- Ohio Attorney General Dave Yost is going after another pharmacy benefit manager in court. This time, Yost is alleging Express Scripts overcharged the Ohio Highway Patrol Retirement System, a public pension fund, and “pocketed millions.” Express Scripts, now owned by Cigna, declined to comment.
- The lawsuit alleges multiple contract breaches by Express Scripts including the failure to honor pricing discounts and dispensing fee guarantees, classifying generic drugs as brand name to charge higher rates and overcharging for generic drugs.
- Yost said Express Scripts “egregiously charged for services it didn’t deliver,” that has cost Ohioans millions, “and we want our money back,” according to a statement released Monday.
Ohio has been cracking down on PBM practices, which led the state to ending the practice of spread pricing, a tactic that has become increasingly controversial.
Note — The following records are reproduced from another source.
-- ===== src/Hnsw/Update/Valid.antt =====
-- The invariant of the whole index, and that every operation keeps it.
use gvector.Prelude.{
  ℕ, zero, suc, ◌+◌, ◌≤◌, ◌<◌, ◌≡◌, refl, sym, ap, ◌∙◌, subst, inl, inr, none, some, List, [], ◌∷◌,
  ◌++◌, arith, ltb, eqb, ltb→lt, ltb-false→le, eqb_iff, Bool-cases, Option-cases, length, get_or,
  replicate, All, length-append, nat_key, string_key, lookup,
}
use gvector.Types.{VectorId, Vector}
use gvector.Index.{ok}
use gvector.Distance.{F32Ops, Metric, prepare, length-prepare}
use gvector.Hnsw.{
  HnswIndex, HnswParams, Randomness, new, random_level, contains, levels_at, neighbors_at,
}
use gvector.Hnsw.Layer.Found.{HasLevel, IsClosed, HasLevel-lt}
use gvector.Hnsw.Neighbors.Links.{All-weaken}
use gvector.Hnsw.Update.{link_node, push_row, insert_vector}
use gvector.Hnsw.Update.Rows.{rows}
use gvector.Hnsw.Update.Tracked.{IsTracked, IsAlive, pushed, pushed-IsTracked, count_true}

pub record IsValid {R : Type 0} (idx : HnswIndex R) : Type 0 where
  pub tracked : IsTracked (rows idx)
  pub nodes : length idx.links ≡ length idx.ids
  -- every node has the base layer
  pub tall : (slot : ℕ) → slot < length idx.links → HasLevel idx.links 0 slot
  -- every edge ends in a node of its level
  pub closed : IsClosed idx.links
  -- the entry point is a node that is alive
  pub entered : (e : ℕ) → idx.entry ≡ some e → HasLevel idx.links 0 e × IsAlive (rows idx) e
  -- without an entry point nothing is alive
  pub started : idx.entry ≡ none → (id : VectorId) → lookup id idx.slot_of ≡ none

pub new-IsValid :
    {R : Type 0} (random : Randomness R) (dim : ℕ) (metric : Metric) (params : HnswParams)
    → IsValid (new random dim metric params)
unfolding new lookup count_true
new-IsValid random dim metric params = record {
  tracked = record {
    block = omega arith;
    flags = refl;
    count = refl;
    placed = λ id slot h. cc;
    mapped = λ id slot h a. cc;
  };
  nodes = refl;
  tall = λ slot h. absurd (omega arith);
  closed = λ slot level. tt;
  entered = λ e h. cc;
  started = λ e id. refl;
}

-- The nodes with one more, that has `level` and all below and no edge yet.
abbrev pub with_node : List (List (List ℕ)) → ℕ → List (List (List ℕ))
with_node links level = links ++ (replicate (level + 1) [] ∷ [])

levels_at-old :
    (links : List (List (List ℕ))) (row : List (List ℕ)) (s : ℕ)
    → s < length links
    → levels_at (links ++ (row ∷ [])) s ≡ levels_at links s
levels_at-old [] row s h = elim h [ ]
levels_at-old (x ∷ links) row zero h = refl
levels_at-old (x ∷ links) row (suc s) h = levels_at-old links row s (omega arith)

levels_at-new :
    (links : List (List (List ℕ))) (row : List (List ℕ))
    → levels_at (links ++ (row ∷ [])) (length links) ≡ row
levels_at-new [] row = refl
levels_at-new (x ∷ links) row = levels_at-new links row

levels_at-out : (links : List (List (List ℕ))) (s : ℕ) → length links ≤ s → levels_at links s ≡ []
levels_at-out [] s h = refl
levels_at-out (x ∷ links) zero h = absurd (omega arith)
levels_at-out (x ∷ links) (suc s) h = levels_at-out links s (omega arith)

no_neighbors : (n l : ℕ) → get_or {A = List ℕ} (replicate n []) l [] ≡ []
no_neighbors zero l = refl
no_neighbors (suc n) zero = refl
no_neighbors (suc n) (suc l) = no_neighbors n l

length-replicate {ℓ} : {A : Type ℓ} (n : ℕ) (a : A) → length (replicate n a) ≡ n
length-replicate zero a = refl
length-replicate (suc n) a = ap suc (length-replicate n a)

module _ (links : List (List (List ℕ))) (level : ℕ) where
  pub with_node-HasLevel : (l s : ℕ) → HasLevel links l s → HasLevel (with_node links level) l s
  with_node-HasLevel l s h = omega (
    arith,
    ap length (levels_at-old links (replicate (level + 1) []) s (HasLevel-lt links l s h)),
  )

  pub with_node-here : HasLevel (with_node links level) level (length links)
  with_node-here = omega (
    arith,
    ap length (levels_at-new links (replicate (level + 1) [])),
    length-replicate {A = List ℕ} (level + 1) [],
  )

  pub with_node-tall :
      ((s : ℕ) → s < length links → HasLevel links 0 s)
      → (s : ℕ) → s < length (with_node links level)
      → HasLevel (with_node links level) 0 s
  with_node-tall tall s h = elim (Bool-cases (ltb s (length links))) [
    | inl q ↦ with_node-HasLevel 0 s (tall s (ltb→lt s (length links) q))
    | inr q ↦
        let here : length links ≡ s = omega (
          arith,
          ltb-false→le s (length links) q,
          length-append links (replicate (level + 1) [] ∷ []),
        ) in
        subst (HasLevel (with_node links level) 0) here (omega (arith, with_node-here))
  ]

  pub with_node-IsClosed : IsClosed links → IsClosed (with_node links level)
  with_node-IsClosed closed s l = elim (Bool-cases (ltb s (length links))) [
    | inl q ↦
        subst (All (HasLevel (with_node links level) l))
          (sym (
            ap (λ r. get_or r l [])
              (levels_at-old links (replicate (level + 1) []) s (ltb→lt s (length links) q))))
          (All-weaken (HasLevel links l) (HasLevel (with_node links level) l)
            (neighbors_at links s l) (λ n h. with_node-HasLevel l n h) (closed s l))
    | inr q ↦
        let empty : neighbors_at (with_node links level) s l ≡ [] =
          elim (Bool-cases (eqb (length links) s)) [
            | inl e ↦
                ap (λ n. neighbors_at (with_node links level) n l)
                  (sym ((eqb_iff (length links) s).0 e))
                ∙ ap (λ r. get_or r l []) (levels_at-new links (replicate (level + 1) []))
                ∙ no_neighbors (level + 1) l
            | inr e ↦
                ap (λ r. get_or r l [])
                  (levels_at-out (with_node links level) s
                    (ground (arith, length-append links (replicate (level + 1) [] ∷ []))))
          ] in
        subst (All (HasLevel (with_node links level) l)) (sym empty) tt
  ]

module _ (ops : F32Ops) {R : Type 0} (random : Randomness R) (idx : HnswIndex R) (id : VectorId)
    (v : Vector) where
  -- The index with the new row and its node, before any edge.
  abbrev pub placed : HnswIndex R
  placed =
      let (level, drawn) = random_level random (push_row ops idx id v) in
      record drawn { links = with_node drawn.links level }

  abbrev pub new_level : ℕ
  new_level = (random_level random (push_row ops idx id v)).0

  pub rows-placed : rows placed ≡ pushed (rows idx) id (prepare ops idx.metric v)
  unfolding random_level push_row
  rows-placed = refl

  pub links-placed : (placed.links ≡ with_node idx.links new_level) × (placed.entry ≡ idx.entry)
  unfolding random_level push_row
  links-placed = (refl, refl)

  -- An insert that succeeds had a vector of the right length and a new id.
  pub insert_vector_ok :
      {idx' : HnswIndex R}
      → insert_vector ops random idx id v ≡ ok idx'
      → (length v ≡ idx.dim)
        × (lookup id idx.slot_of ≡ none)
        × (idx' ≡ link_node ops (length idx.ids) new_level placed)
  unfolding insert_vector contains
  insert_vector_ok e = elim (Option-cases (lookup id idx.slot_of)) [
    | inl n ↦ ground arith
    | inr (slot, s) ↦ ground arith
  ]

  pub placed-IsTracked :
      IsValid idx → length v ≡ idx.dim → lookup id idx.slot_of ≡ none → IsTracked (rows placed)
  placed-IsTracked valid l fresh = subst IsTracked (sym rows-placed) (
      pushed-IsTracked (rows idx) id valid.tracked (prepare ops idx.metric v) fresh
        (length-prepare ops idx.metric v ∙ l))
State lawmakers also mandated that the state move to one single PBM as an attempt to better safeguard state dollars, but it has yet to happen.
The lawsuit is another step in pushing for more PBM transparency in Ohio.
“It’s no secret that PBMs have been keeping secret their prescription pricing in order to evade public scrutiny and rake in revenue,” Yost said in a statement.
A June 2018 commissioned audit shocked many when auditors found that the PBMs managing Ohio’s Medicaid prescriptions, including CVS Caremark and Optum, charged the state nearly 9% more than what they paid pharmacies for the actual drug. The audit urged the state to switch to a different pricing model, or what’s known as a “pass-through” pricing option and to get rid of spread pricing. The state listened and ended the contracts and instituted new terms that did not include spread pricing.
Yost, then state auditor, conducted his own audit of the program, which revealed similar findings. He found the overall average spread price was $5.71. That increases the ability for PBMs to make a significant profit when they’re processing millions of prescriptions and keeping a portion of the amount paid by the health plan instead of passing it along to the pharmacies.
In the report, Yost highlighted a potential conflict of interest as CVS pharmacies were paid more for specialty medications compared to independent pharmacies. However, Yost urged readers to use caution before drawing conclusions as so much is unknown about PBM operations.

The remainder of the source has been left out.